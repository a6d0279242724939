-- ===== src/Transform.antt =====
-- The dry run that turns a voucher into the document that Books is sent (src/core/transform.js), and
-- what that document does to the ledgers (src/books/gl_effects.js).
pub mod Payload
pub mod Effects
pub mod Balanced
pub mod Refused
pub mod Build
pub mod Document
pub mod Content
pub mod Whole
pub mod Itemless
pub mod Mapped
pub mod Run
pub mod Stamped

→ **ACTIVITY**
Wherever the string "that" appears in the data above, report the whole line.

→ **ANSWER TO THE PROBLEM**
-- The dry run that turns a voucher into the document that Books is sent (src/core/transform.js), and
-- what that document does to the ledgers (src/books/gl_effects.js).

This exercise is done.